Brief
Out of the lines below, please list those that hold the string "SenderAgent".

Records for processing Block Start

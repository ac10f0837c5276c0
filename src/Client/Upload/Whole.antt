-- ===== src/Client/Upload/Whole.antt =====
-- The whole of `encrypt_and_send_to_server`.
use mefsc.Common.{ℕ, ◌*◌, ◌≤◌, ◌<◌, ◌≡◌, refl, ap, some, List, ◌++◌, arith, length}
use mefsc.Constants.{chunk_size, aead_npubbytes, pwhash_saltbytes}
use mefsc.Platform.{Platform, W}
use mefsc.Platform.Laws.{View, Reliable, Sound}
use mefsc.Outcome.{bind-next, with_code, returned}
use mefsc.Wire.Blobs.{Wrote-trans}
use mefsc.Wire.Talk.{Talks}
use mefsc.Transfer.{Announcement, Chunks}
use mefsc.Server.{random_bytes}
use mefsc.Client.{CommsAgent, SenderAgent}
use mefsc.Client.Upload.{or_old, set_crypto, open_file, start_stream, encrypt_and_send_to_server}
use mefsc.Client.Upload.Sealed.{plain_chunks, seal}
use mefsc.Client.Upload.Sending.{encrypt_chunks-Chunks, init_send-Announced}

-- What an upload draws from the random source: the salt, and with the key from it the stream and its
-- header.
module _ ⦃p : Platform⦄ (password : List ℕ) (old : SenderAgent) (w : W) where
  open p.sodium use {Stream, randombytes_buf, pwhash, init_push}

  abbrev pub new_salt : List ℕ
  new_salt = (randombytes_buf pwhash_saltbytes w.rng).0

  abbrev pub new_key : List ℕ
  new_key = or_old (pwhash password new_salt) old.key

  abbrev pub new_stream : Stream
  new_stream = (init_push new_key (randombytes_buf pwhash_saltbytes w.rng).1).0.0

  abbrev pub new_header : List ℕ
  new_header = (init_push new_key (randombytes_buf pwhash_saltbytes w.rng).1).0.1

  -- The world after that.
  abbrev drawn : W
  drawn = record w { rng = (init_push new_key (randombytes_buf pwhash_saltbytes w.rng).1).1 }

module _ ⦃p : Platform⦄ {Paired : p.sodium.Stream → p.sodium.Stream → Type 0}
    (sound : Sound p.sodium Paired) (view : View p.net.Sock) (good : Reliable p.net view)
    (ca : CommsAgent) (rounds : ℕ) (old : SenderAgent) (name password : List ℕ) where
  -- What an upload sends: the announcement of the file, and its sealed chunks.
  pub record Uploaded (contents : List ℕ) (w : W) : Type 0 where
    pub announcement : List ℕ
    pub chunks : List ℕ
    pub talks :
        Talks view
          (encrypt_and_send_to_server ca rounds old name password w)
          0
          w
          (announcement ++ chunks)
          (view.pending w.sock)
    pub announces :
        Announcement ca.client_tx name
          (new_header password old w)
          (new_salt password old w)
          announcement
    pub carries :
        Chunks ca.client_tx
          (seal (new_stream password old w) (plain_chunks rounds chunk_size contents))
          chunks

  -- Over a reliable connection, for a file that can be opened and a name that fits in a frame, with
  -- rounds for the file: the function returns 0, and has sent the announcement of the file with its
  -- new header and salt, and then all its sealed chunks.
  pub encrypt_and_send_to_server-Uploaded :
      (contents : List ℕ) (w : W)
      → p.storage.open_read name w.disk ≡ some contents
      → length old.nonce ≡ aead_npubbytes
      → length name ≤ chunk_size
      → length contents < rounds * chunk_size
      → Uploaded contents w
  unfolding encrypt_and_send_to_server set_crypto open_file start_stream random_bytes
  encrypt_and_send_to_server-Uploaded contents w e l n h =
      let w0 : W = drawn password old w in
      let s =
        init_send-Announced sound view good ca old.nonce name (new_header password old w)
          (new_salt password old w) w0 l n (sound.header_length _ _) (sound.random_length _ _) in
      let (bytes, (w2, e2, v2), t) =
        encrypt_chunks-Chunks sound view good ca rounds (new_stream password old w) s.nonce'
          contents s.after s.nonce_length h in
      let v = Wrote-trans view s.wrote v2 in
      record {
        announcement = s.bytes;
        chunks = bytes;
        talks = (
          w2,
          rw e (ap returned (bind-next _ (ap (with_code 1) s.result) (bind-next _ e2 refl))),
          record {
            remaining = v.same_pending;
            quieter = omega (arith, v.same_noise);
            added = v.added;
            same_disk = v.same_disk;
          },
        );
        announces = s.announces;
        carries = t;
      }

Records for processing Block End

Task result
use mefsc.Client.{CommsAgent, SenderAgent}
module _ ⦃p : Platform⦄ (password : List ℕ) (old : SenderAgent) (w : W) where
    (ca : CommsAgent) (rounds : ℕ) (old : SenderAgent) (name password : List ℕ) where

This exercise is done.